= Kalenjin name =

Names used by the Kalenjin people of East Africa

Kalenjin names (sing. kainet, pl. old Kalenjin - kainok pl. modern Kalenjin - kainaik) are primarily used by the Kalenjin people of Kenya and Kalenjin language-speaking communities such as Murle in Ethiopia, Sebei of Uganda, Datooga, Akie and Aramanik of Tanzania.

The Kalenjin traditionally had two primary names for the individual, though in contemporary times, a Christian or Arabic name is also given at birth, such that most Kalenjin today have three names with the patronym Arap (in some cases being acquired later in life, e.g Alfred Kirwa Yego and Daniel Toroitich arap Moi).

==Given name==
An individual is given a personal name at birth and this is determined by the circumstance of their birth. For most Kalenjin speaking communities, masculine names are often prefixed with Kip- or Ki- though there are exceptions to the rule e.g Cheruiyot, Chepkwony, Chelanga etc.
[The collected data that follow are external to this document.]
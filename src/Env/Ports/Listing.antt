-- ===== src/Env/Ports/Listing.antt =====
-- A listing of interfaces is read back.
use org_muhkuh_tools_flasher.Common.{
  take-length, drop-length, ℕ, suc, ◌+◌, ◌<◌, ◌≡◌, refl, sym, ap, ◌∙◌, true, false, Option, none,
  some, List, [], ◌∷◌, ◌++◌, length, All, arith, map, length-append, append_assoc,
}
use org_muhkuh_tools_flasher.Common.Words.{
  Word, is_infix, split, join_words, Without, split-join_words,
}
use org_muhkuh_tools_flasher.Env.Ports.{
  newline, start_marker, end_marker, find_markers, slice_lines, retrieve_ports,
}
use org_muhkuh_tools_flasher.Env.Ports.Lines.{
  Interface, IsInterface, show, chips_of, read_interfaces-map,
}

-- A line without a marker, and without a line feed.
pub record IsPlain (line : Word) : Type 0 where
  pub no_start : is_infix start_marker line ≡ false
  pub no_end : is_infix end_marker line ≡ false

find_markers-append :
    (pre rest : List Word) (i : ℕ) (first last : Option ℕ)
    → All IsPlain pre
    → find_markers (pre ++ rest) i first last ≡ find_markers rest (i + length pre) first last
unfolding find_markers
find_markers-append [] rest i first last a =
    ap (λ (n : ℕ). find_markers rest n first last) (omega arith)
find_markers-append (line ∷ pre) rest i first last (v, a) =
    rw (v.no_start, v.no_end)
      (find_markers-append pre rest (i + 1) first last a
        ∙ ap (λ (n : ℕ). find_markers rest n first last) (omega arith))

length-map : (es : List Interface) → length (map show es) ≡ length es
length-map [] = refl
length-map (e ∷ es) = ap suc (length-map es)

-- The lines of an output: some lines, the line that starts the list, a line, the interfaces, a line,
-- the line that ends the list, and more lines.
pub record Output : Type 0 where
  pub pre : List Word
  pub start : Word
  pub gap : Word
  pub interfaces : List Interface
  pub gap' : Word
  pub stop : Word
  pub post : List Word

unfoldable pub lines_of : Output → List Word
lines_of o = o.pre ++ o.start ∷ o.gap ∷ (map show o.interfaces ++ o.gap' ∷ o.stop ∷ o.post)

-- Only the two lines hold their markers, and no line holds a line feed.
pub record IsOutput (o : Output) : Type 0 where
  pub plain_pre : All IsPlain o.pre
  pub starts : is_infix start_marker o.start ≡ true
  pub starts_only : is_infix end_marker o.start ≡ false
  pub plain_list : All IsPlain (o.gap ∷ (map show o.interfaces ++ o.gap' ∷ []))
  pub stops : is_infix end_marker o.stop ≡ true
  pub stops_only : is_infix start_marker o.stop ≡ false
  pub plain_post : All IsPlain o.post
  pub valid : All IsInterface o.interfaces

split-join-All :
    (ls : List Word)
    → 0 < length ls
    → All (Without newline) ls
    → split newline (join_words newline ls) ≡ ls
split-join-All [] h a = absurd (omega arith)
split-join-All (l ∷ ls) h a = split-join_words newline l ls a

find_start :
    (line : Word) (rest : List Word) (i : ℕ)
    → is_infix start_marker line ≡ true
    → is_infix end_marker line ≡ false
    → find_markers (line ∷ rest) i none none ≡ find_markers rest (i + 1) (some i) none
unfolding find_markers
find_start line rest i s e = rw (s, e) refl

find_stop :
    (line : Word) (rest : List Word) (i j : ℕ)
    → is_infix end_marker line ≡ true
    → is_infix start_marker line ≡ false
    → find_markers (line ∷ rest) i (some j) none ≡ find_markers rest (i + 1) (some j) (some i)
unfolding find_markers
find_stop line rest i j e s = rw (s, e) refl

find_none :
    (post : List Word) (i : ℕ) (first last : Option ℕ)
    → All IsPlain post
    → find_markers post i first last ≡ some (first, last)
unfolding find_markers
find_none [] i first last a = refl
find_none (line ∷ post) i first last (v, a) =
    rw (v.no_start, v.no_end) (find_none post (i + 1) first last a)

some_pair :
    {i j k l : ℕ}
    → i ≡ k
    → j ≡ l
    → ◌≡◌ {A = Option (Option ℕ × Option ℕ)} (some (some i, some j)) (some (some k, some l))
some_pair e f = cc

module _ (o : Output) (v : IsOutput o) where
  abbrev listed : List Word
  listed = o.gap ∷ (map show o.interfaces ++ o.gap' ∷ [])

  listed-append :
      listed ++ o.stop ∷ o.post ≡ o.gap ∷ (map show o.interfaces ++ o.gap' ∷ o.stop ∷ o.post)
  listed-append = ap (λ (l : List Word). o.gap ∷ l) (rw append_assoc)

  length-listed : length listed ≡ length o.interfaces + 2
  length-listed =
      omega
        (arith, length-append {0} (map show o.interfaces) (o.gap' ∷ []), length-map o.interfaces)

  find_markers-lines :
      find_markers (lines_of o) 0 none none
      ≡ some (some (length o.pre), some (suc (length o.pre + 2 + length o.interfaces)))
  unfolding lines_of
  find_markers-lines =
      find_markers-append o.pre _ 0 none none v.plain_pre
      ∙ find_start o.start _ (0 + length o.pre) v.starts v.starts_only
      ∙ ap (λ (l : List Word). find_markers l (0 + length o.pre + 1) (some (0 + length o.pre)) none)
          (sym listed-append)
      ∙ find_markers-append listed (o.stop ∷ o.post) _ _ none v.plain_list
      ∙ find_stop o.stop o.post _ _ v.stops v.stops_only
      ∙ find_none o.post _ _ _ v.plain_post
      ∙ some_pair (omega arith) (omega (arith, length-listed))

  abbrev head : List Word
  head = o.pre ++ o.start ∷ o.gap ∷ []

  lines-append : (head ++ map show o.interfaces) ++ o.gap' ∷ o.stop ∷ o.post ≡ lines_of o
  unfolding lines_of
  lines-append = simp append_assoc

  length-head : length head ≡ length o.pre + 2
  length-head = omega (arith, length-append {0} o.pre (o.start ∷ o.gap ∷ []))

  slice-lines :
      slice_lines (lines_of o) (length o.pre) (suc (length o.pre + 2 + length o.interfaces))
      ≡ map show o.interfaces
  unfolding slice_lines
  slice-lines = rw (← lines-append) (
      rw
        (take-length (length o.pre + 2 + length o.interfaces) (head ++ map show o.interfaces) _ (
          omega (
            arith,
            length-head,
            length-append {0} head (map show o.interfaces),
            length-map o.interfaces,
          )))
        (drop-length (length o.pre + 2) head _ (omega (arith, length-head))))

  split-lines :
      All (Without newline) (lines_of o)
      → split newline (join_words newline (lines_of o)) ≡ lines_of o
  unfolding lines_of
  split-lines = split-join-All (lines_of o) (
      omega (
        arith,
        length-append {0} o.pre
            (o.start ∷ o.gap ∷ (map show o.interfaces ++ o.gap' ∷ o.stop ∷ o.post)),
      ))

  -- From the output of "list_interfaces", in which only one line holds the start marker and only a
  -- later one the end marker, exactly the printed interfaces, which are valid, are read, in order,
  -- each with its index, its port and its type.
  pub retrieve_ports-lines :
      All (Without newline) (lines_of o)
      → retrieve_ports (join_words newline (lines_of o)) ≡ chips_of o.interfaces
  unfolding retrieve_ports
  retrieve_ports-lines w =
      rw (split-lines w, retrieve_ports)
        (rw find_markers-lines (rw slice-lines (read_interfaces-map o.interfaces v.valid)))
Feminine names in turn are often prefixed with Chep-, Che- , or Jee(p)- though among the Tugen and Keiyo, the prefix Kip- may in some cases denote both males and females. The personal name would thus be derived through adding the relevant prefix to the description of the circumstance of birth, for example a child born in the evening (lagat) might be called Kiplagat or Chelagat.

Names may be dervied from nouns, verbs, adjectives, adverbs, or noun and verb compounds.

===Popular given names===

Some examples of popular Kalenjin names and their meanings;

| Male name | Female name | Meaning |
|---|---|---|
| Kimutai | Chemutai/Jemutai | Time based |
| Kipchirchir | Chepchirchir | From 'chirchir' implying haste e.g born earlier than expected or after a short labour |
| Kipchoge | - | From 'choge', store/granary i.e born near the granary/store |
| Kipchumba | Chepchumba | Implies relation to westerners (i.e Chumbin), e.g - born in a hospital, in a foreign country etc. |
| Kipkoech | Chepkoech | Time based; born during the first part of the day (kaech) i.e 5am to 6am |
| Kiprono | Cherono | Time based; born around dusk (rot nego) i.e 5pm to 6pm |

==Last name==
The tradition of giving a family surname to an individual dates to the colonial period and in most cases the surnames in use today were the second names of the family patriarch of two to four generations ago. Traditionally an individual acquired their father's name after their initiation. Females took on their father's name e.g Cheptoo Kiplagat being the daughter of Kiplagat while males took on just the descriptor portion of the father's name such that the Kiprono son of Kiplagat would become Kiprono arap Lagat.

===Arap (patronym)===
Arap is patronym meaning son of. It was traditionally given following the labetab eun (kelab eun) ceremony and all initiates would after the ceremony acquire their father's name e.g Toroitich son of Kimoi and Kipkirui son of Kiprotich would after the ceremony be Toroitich arap Moi and Kipkirui arap Rotich. In modern times it is confined to progressing age-sets independent of the individual initiation ceremony such that if the current age-set is Nyongi, all individuals of preceding age-sets may use the term Arap.

==Nicknames==

===Praise names===
In the past, praise names were sometimes acquired through various acts of courage or community service. A previously common example of the former was Barng'etuny (one who killed a lion).

Among Tugen speakers, initiation/praise names were given after an individual underwent male or female circumcision. These names directly reference a person's unique characteristics, the characteristics of their cattle, or the circumstances of the community during an individual's initiation. With the decreasing prevalence of female circumcision, most Tugen women now do not receive an initiation/praise name.